When I searched anew many years later, I found a marriage record for them in Clay County, Tennessee, where they had sometimes lived. They married on 1 February 1883, after the births of at least four of their children.

3. A collateral line includes Helen Marr Blyther born in Calais, Washington, Maine in 1842. I found a marriage record for her to Charles Henry Wright in Providence Rhode Island on 17 June 1887. However, this seemed odd because Charles was the father of her two children, born in 1877 and 1884, both in Boston, Massachusetts. They were both born in Maine, so they moved around a fair number of times. I knew very little about Helen Blyther, aside from the census records in Maine. I knew the family had ties to New Brunswick so I turned to one of my favorite websites, the Provincial Archives of New Brunswick (PANB).

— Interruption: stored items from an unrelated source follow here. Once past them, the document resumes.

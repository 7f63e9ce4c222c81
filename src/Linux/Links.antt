-- ===== src/Linux/Links.antt =====
-- createVethPair, moveIntoNetns, primaryMTU and cleanupHostVeth of pkg/plumbing/plumbing_linux.go.
pub mod Frames
use kube_ovn_dra_driver.Prelude.{
  ℕ, String, Option, none, some, List, [], ◌∷◌, Error, wrap, ltb, if◌then◌else◌,
}
use kube_ovn_dra_driver.Exec.{Exec}
use kube_ovn_dra_driver.Exec.Sealed.{◌>>=◌, ◌>>◌, pure, fail, wrapping, attempt}
use kube_ovn_dra_driver.Linux.{
  Kernel, Link, thread, handle, with_netns, with_handle, add_veth, set_mtu, set_up, set_down,
  set_name, set_netns, delete,
}

module _ {W : Type 0} (k : Kernel W) where
  -- `if err == nil { _ = netlink.LinkSetMTU(peerLink, mtu) }`
  set_peer_mtu : ℕ → Option Link → Exec W (Unit {0})
  set_peer_mtu mtu none = pure tt
  set_peer_mtu mtu (some peer) = attempt (k.request thread (set_mtu peer mtu)) >>= λ _. pure tt

  limit_peer : String → ℕ → Exec W (Unit {0})
  unfolding set_peer_mtu
  limit_peer pod mtu =
      if ltb 0 mtu then attempt (k.link_by_name thread pod) >>= set_peer_mtu mtu else pure tt

  -- The part of createVethPair behind the lookup of the host end.
  add_pair : String → String → ℕ → Option Link → Exec W (Unit {0})
  unfolding limit_peer
  add_pair host pod mtu (some found) = pure tt
  add_pair host pod mtu none =
      wrapping "create veth %s<->%s" (host ∷ pod ∷ [])
        (k.request thread (add_veth host pod (if ltb 0 mtu then some mtu else none)))
      >> (wrapping "look up host veth %s" (host ∷ []) (k.link_by_name thread host) >>= λ link.
          limit_peer pod mtu
          >> wrapping "set host veth %s up" (host ∷ []) (k.request thread (set_up link)))

  unfoldable pub create_veth_pair : String → String → ℕ → Exec W (Unit {0})
  unfolding add_pair
  create_veth_pair host pod mtu = attempt (k.link_by_name thread host) >>= add_pair host pod mtu

  -- The part of moveIntoNetns that works through a handle in the target netns.
  rename_inside : String → String → ℕ → Exec W (Unit {0})
  rename_inside pod iface h =
      wrapping "look up moved veth %s in netns" (pod ∷ []) (k.link_by_name (handle h) pod)
      >>= λ inner.
          wrapping "set %s down before rename" (pod ∷ []) (k.request (handle h) (set_down inner))
          >> wrapping "rename %s -> %s in netns" (pod ∷ iface ∷ [])
              (k.request (handle h) (set_name inner iface))

  -- The part behind the look for the interface in the target netns.
  move_to : String → String → String → ℕ → Option Link → Exec W (Unit {0})
  unfolding rename_inside
  move_to pod path iface ns (some moved) = pure tt
  move_to pod path iface ns none =
      wrapping "look up pod veth %s" (pod ∷ []) (k.link_by_name thread pod) >>= λ link.
      wrapping "move %s into netns %s" (pod ∷ path ∷ []) (k.request thread (set_netns link ns))
      >> with_handle k ns (λ e. fail (wrap "netlink handle for netns %s" (path ∷ []) e))
          (rename_inside pod iface)

  unfoldable pub move_into_netns : String → String → String → Exec W (Unit {0})
  unfolding move_to
  move_into_netns pod path iface =
      with_netns k path (λ e. fail (wrap "open netns %s" (path ∷ []) e))
        λ ns.
          attempt (with_handle k ns fail (λ h. k.link_by_name (handle h) iface))
          >>= move_to pod path iface ns

  abbrev mtu_of : Option Link → ℕ
  mtu_of none = 0
  mtu_of (some link) = link.mtu

  unfoldable pub primary_mtu : String → Exec W ℕ
  primary_mtu path =
      with_netns k path (λ e. pure 0)
        λ ns.
          with_handle k ns (λ e. pure 0)
            λ h. attempt (k.link_by_name (handle h) "eth0") >>= λ found. pure (mtu_of found)

  unfoldable pub delete_found : String → Option Link → Exec W (Unit {0})
  delete_found host none = pure tt
  delete_found host (some link) =
      wrapping "delete host veth %s" (host ∷ []) (k.request thread (delete link))

  unfoldable pub cleanup_host_veth : String → Exec W (Unit {0})
  unfolding delete_found
  cleanup_host_veth host = attempt (k.link_by_name thread host) >>= delete_found host
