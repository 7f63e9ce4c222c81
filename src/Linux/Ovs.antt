-- ===== src/Linux/Ovs.antt =====
-- attachToOVS, detachFromOVS, DetachPodPorts and ovsVsctl of pkg/plumbing/plumbing_linux.go.
pub mod Frames
pub mod AllPorts
use kube_ovn_dra_driver.Prelude.{
  String, ◌<>◌, ◌==◌, Option, none, some, List, [], ◌∷◌, ◌++◌, map, Error, wrap, Result, ok, err,
  not, keep, join_errors,
}
use kube_ovn_dra_driver.Exec.{Exec}
use kube_ovn_dra_driver.Exec.Sealed.{◌>>=◌, ◌>>◌, pure, fail, wrapping}
use kube_ovn_dra_driver.Store.{Spec}
use kube_ovn_dra_driver.NicPrepare.{cut_before}
use kube_ovn_dra_driver.Linux.{Kernel, Texts}
use kube_ovn_dra_driver.Linux.Links.{cleanup_host_veth}

-- strings.Join
unfoldable pub join_with : String → List String → String
join_with sep [] = ""
join_with sep (x ∷ []) = x
join_with sep (x ∷ y ∷ xs) = x <> (sep <> join_with sep (y ∷ xs))

unfoldable pub ip_without_mask : String → String
ip_without_mask cidr = cut_before b'/' cidr

unfoldable pub ips_without_mask : List String → List String
unfolding ip_without_mask
ips_without_mask cidrs = map ip_without_mask (keep (λ cidr. not (cidr == "")) cidrs)

-- `if err != nil { return fmt.Errorf(format + ": %w: %s", …, err, strings.TrimSpace(out)) }`
abbrev pub output_or : Texts → String → List String → String × Option Error → Result String
output_or t f args (out, none) = ok out
output_or t f args (out, some e) = err (wrap f (args ++ t.trim_space out ∷ []) e)

abbrev collect : Result (Unit {0}) → List Error → List Error
collect (ok u) errs = errs
collect (err e) errs = e ∷ errs

abbrev joined_result : List Error → Result (Unit {0})
joined_result errs = elim (join_errors errs) [ none ↦ ok tt | some e ↦ err e ]

abbrev pub find_argv : String → String → List String
find_argv name namespace =
    "--bare"
    ∷ "--columns=name"
    ∷ "find"
    ∷ "interface"
    ∷ "external_ids:kube-ovn-dra-driver=nic"
    ∷ ("external_ids:pod_name=" <> name)
    ∷ ("external_ids:pod_namespace=" <> namespace)
    ∷ []

module _ {W : Type 0} (k : Kernel W) (t : Texts) where
  -- A command, with its output in the error.
  unfoldable pub command : String → List String → String → List String → Exec W String
  command f args name argv w = let (r, w') = k.run name argv w in (output_or t f args r, w')

  unfoldable pub ovs_vsctl : List String → Exec W (Unit {0})
  unfolding command join_with
  ovs_vsctl argv =
      command "ovs-vsctl %s: %w: %s" (join_with " " argv ∷ []) "ovs-vsctl" argv >>= λ _. pure tt

  unfoldable pub attach_to_ovs : String → Spec → Exec W (Unit {0})
  unfolding ips_without_mask ovs_vsctl
  attach_to_ovs host_veth spec = ovs_vsctl (
      "--may-exist"
      ∷ "add-port"
      ∷ "br-int"
      ∷ host_veth
      ∷ "--"
      ∷ "set"
      ∷ "interface"
      ∷ host_veth
      ∷ ("external_ids:iface-id=" <> spec.iface_id)
      ∷ "external_ids:vendor=kube-ovn"
      ∷ "external_ids:kube-ovn-dra-driver=nic"
      ∷ ("external_ids:pod_name=" <> spec.pod_name)
      ∷ ("external_ids:pod_namespace=" <> spec.pod_namespace)
      ∷ ("external_ids:ip=" <> join_with "," (ips_without_mask (spec.ip ∷ spec.extra_ips)))
      ∷ ("external_ids:pod_netns=" <> spec.netns_path)
      ∷ [])

  unfoldable pub detach_from_ovs : String → Spec → Exec W (Unit {0})
  unfolding ovs_vsctl
  detach_from_ovs host_veth spec =
      ovs_vsctl ("--if-exists" ∷ "del-port" ∷ "br-int" ∷ host_veth ∷ [])

  -- One port: the veth is deleted only when the port was.
  unfoldable pub detach_port : String → Exec W (Unit {0})
  unfolding ovs_vsctl
  detach_port name = ovs_vsctl ("--if-exists" ∷ "del-port" ∷ name ∷ []) >> cleanup_host_veth k name

  -- The loop over the ports found, with the errors in order.
  unfoldable pub detach_ports : List String → W → List Error × W
  unfolding detach_port
  detach_ports [] w = ([], w)
  detach_ports (name ∷ names) w =
      let (r, w') = detach_port name w in
      let (errs, w'') = detach_ports names w' in (collect r errs, w'')

  unfoldable pub detach_found : List String → Exec W (Unit {0})
  unfolding detach_ports
  detach_found names w = let (errs, w') = detach_ports names w in (joined_result errs, w')

  unfoldable pub detach_pod_ports : String → String → Exec W (Unit {0})
  unfolding command detach_found
  detach_pod_ports name namespace =
      command "find ovs ports of pod %s/%s: %w: %s" (namespace ∷ name ∷ []) "ovs-vsctl"
        (find_argv name namespace)
      >>= λ out. detach_found (t.fields out)
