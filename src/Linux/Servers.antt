-- ===== src/Linux/Servers.antt =====
-- ensureVMIDHCPServer, stopVMIDHCPServer and newNetnsUDP4FilterListener of
-- pkg/plumbing/plumbing_linux.go, and the table of servers of the attacher (pkg/plumbing/plumbing.go).
pub mod Frames
pub mod Table
pub mod Serving
use kube_ovn_dra_driver.Prelude.{
  ℕ, String, ◌==◌, ◌&&◌, Option, none, some, List, [], ◌∷◌, Error, wrap, Result, ok, err,
  if◌then◌else◌,
}
use kube_ovn_dra_driver.Exec.{Exec}
use kube_ovn_dra_driver.Exec.Sealed.{◌>>=◌, ◌>>◌, pure, fail, lift, wrapping}
use kube_ovn_dra_driver.Store.{Spec}
use kube_ovn_dra_driver.Attach.Routes.{Ip, v4, NetParsers}
use kube_ovn_dra_driver.Dhcp.{Handler, DhcpOptions, to4, vmi_dhcp_options}
use kube_ovn_dra_driver.Linux.{Kernel, Texts, Listener, with_netns, switched_to}

-- a.dhcpServers, by the netns path and the bridge of a NIC.
abbrev pub Servers : Type 0
Servers = String → String → Option Listener

abbrev pub no_servers : Servers
no_servers netns bridge = none

-- m[dhcpKey{netns, bridge}] = l, and delete for `none`.
unfoldable pub set_server : Servers → String → String → Option Listener → Servers
set_server m netns bridge l n b = if netns == n && bridge == b then l else m n b

-- The host, and what the attacher keeps in the process.
pub record Node (W : Type 0) : Type 0 where
  pub host : W
  pub servers : Servers

-- A call that does not touch the table.
unfoldable pub on_host : {W A : Type 0} → Exec W A → Exec (Node W) A
on_host m s = let (r, w) = m s.host in (r, record s { host = w })

-- The kernel's calls, with the table beside the host.
abbrev pub node_kernel : {W : Type 0} → Kernel W → Kernel (Node W)
node_kernel k = record {
  open_netns = λ path. on_host (k.open_netns path);
  current_netns = on_host k.current_netns;
  enter_netns = λ ns. on_host (k.enter_netns ns);
  close_netns = λ ns s. record s { host = k.close_netns ns s.host };
  open_handle = λ ns. on_host (k.open_handle ns);
  close_handle = λ h s. record s { host = k.close_handle h s.host };
  link_by_name = λ scope name. on_host (k.link_by_name scope name);
  request = λ scope r. on_host (k.request scope r);
  run = λ name argv s. let (r, w) = k.run name argv s.host in (r, record s { host = w });
  interface_by_name = λ name. on_host (k.interface_by_name name);
  listen_packet = λ laddr. on_host (k.listen_packet laddr);
  set_control_message = λ conn. on_host (k.set_control_message conn);
  close_conn = λ conn s. record s { host = k.close_conn conn s.host };
  close_listener = λ l. on_host (k.close_listener l);
  serve = λ l handler s. record s { host = k.serve l handler s.host };
}

abbrev fake_dhcp_server_ip : Ip
fake_dhcp_server_ip = v4 169 254 75 1

module _ {W : Type 0} (k : Kernel W) where
  -- What follows ListenPacket: a connection that cannot tell its interface is closed again.
  unfoldable pub filtered : ℕ → ℕ → Exec W Listener
  filtered index conn w =
      let (r, w') = k.set_control_message conn w in
      elim r [
        | ok u ↦ (ok (record { iface = index; conn = conn }), w')
        | err e ↦ (err e, k.close_conn conn w')
      ]

  unfoldable pub open_listener : String → String → Exec W Listener
  open_listener iface laddr =
      wrapping "look up %s" (iface ∷ []) (k.interface_by_name iface) >>= λ index.
      k.listen_packet laddr >>= filtered index

  unfoldable pub new_netns_udp4_filter_listener : String → String → String → Exec W Listener
  unfolding open_listener filtered
  new_netns_udp4_filter_listener path iface laddr =
      with_netns k path (λ e. fail (wrap "open netns %s" (path ∷ []) e))
        λ ns. switched_to k ns (open_listener iface laddr)

module _ {W : Type 0} (k : Kernel (Node W)) (t : Texts) (net : NetParsers) where
  -- a.dhcpServers[key] = listener, and the goroutine that serves on it.
  unfoldable pub start : Spec → String → Handler → Listener → Exec (Node W) (Unit {0})
  start spec bridge handler l s = (
    ok tt,
    k.serve l handler (record s { servers = set_server s.servers spec.netns_path bridge (some l) }),
  )

  abbrev handler_of : Ip → List ℕ → DhcpOptions → Handler
  handler_of ip mac options = record {
    server_ip = fake_dhcp_server_ip;
    client_ip = ip;
    client_mac = mac;
    options = options;
  }

  unfoldable pub serve_ipv4 : Spec → String → Ip → List ℕ → Exec (Node W) (Unit {0})
  unfolding start
  serve_ipv4 spec bridge ip mask =
      wrapping "parse Spec.MAC %q for DHCP server" (spec.mac ∷ []) (lift (t.parse_mac spec.mac))
      >>= λ mac. lift (vmi_dhcp_options net spec mask) >>= λ options.
          wrapping "start DHCP listener on %s" (bridge ∷ [])
            (new_netns_udp4_filter_listener k spec.netns_path bridge ":67")
          >>= start spec bridge (handler_of ip mac options)

  -- Behind net.ParseCIDR: `ip.To4() == nil` has no DHCPv4 server.
  unfoldable pub serve_address : Spec → String → Ip × List ℕ → Exec (Node W) (Unit {0})
  unfolding serve_ipv4
  serve_address spec bridge (ip, mask) = elim (to4 ip) [
    | none ↦ pure tt
    | some four ↦ serve_ipv4 spec bridge four mask
  ]

  unfoldable pub start_missing : Spec → String → Option Listener → Exec (Node W) (Unit {0})
  unfolding serve_address
  start_missing spec bridge (some running) = pure tt
  start_missing spec bridge none =
      wrapping "parse Spec.IP %q for DHCP server" (spec.ip ∷ []) (lift (t.parse_cidr spec.ip))
      >>= serve_address spec bridge

  unfoldable pub ensure_vmi_dhcp_server : Spec → String → Exec (Node W) (Unit {0})
  unfolding start_missing
  ensure_vmi_dhcp_server spec bridge s =
      (if spec.ovn_dhcp
          then pure tt
          else start_missing spec bridge (s.servers spec.netns_path bridge))
        s

  unfoldable pub close_found : Option Listener → Exec (Node W) (Unit {0})
  close_found none = pure tt
  close_found (some l) = k.close_listener l

  unfoldable pub stop_vmi_dhcp_server : String → String → Exec (Node W) (Unit {0})
  unfolding close_found
  stop_vmi_dhcp_server netns bridge s =
      close_found (s.servers netns bridge)
        (record s { servers = set_server s.servers netns bridge none })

Blyther is an uncommon name in that area of Maine and Canada and I soon found there was a bit more to this story. Helen had apparently married a Mr. Merrill sometime between 1870 and 1875, when a legal notice was published announcing that she was reverting to her former name of Helen Blyther. There was also a marriage announcement in the St. John newspaper in May 1876, when Helen married Charles Wright there. Now I had two marriages for Helen, both to the same man. The puzzle was quickly solved when the next newspaper notice, filed by Mrs. Charles Wright (not Helen!), announced that he was a bigamist and legally married to her!

I found no other resolution to this problem, but Charles and Helen remained together, as far as I can tell. I’ve wondered if Charles was never divorced from the first Mrs. Wright and that the 1887 marriage in Providence was triggered by the death of that Mrs. Wright. I have not been able to determine exactly who wife #1 was or when she died.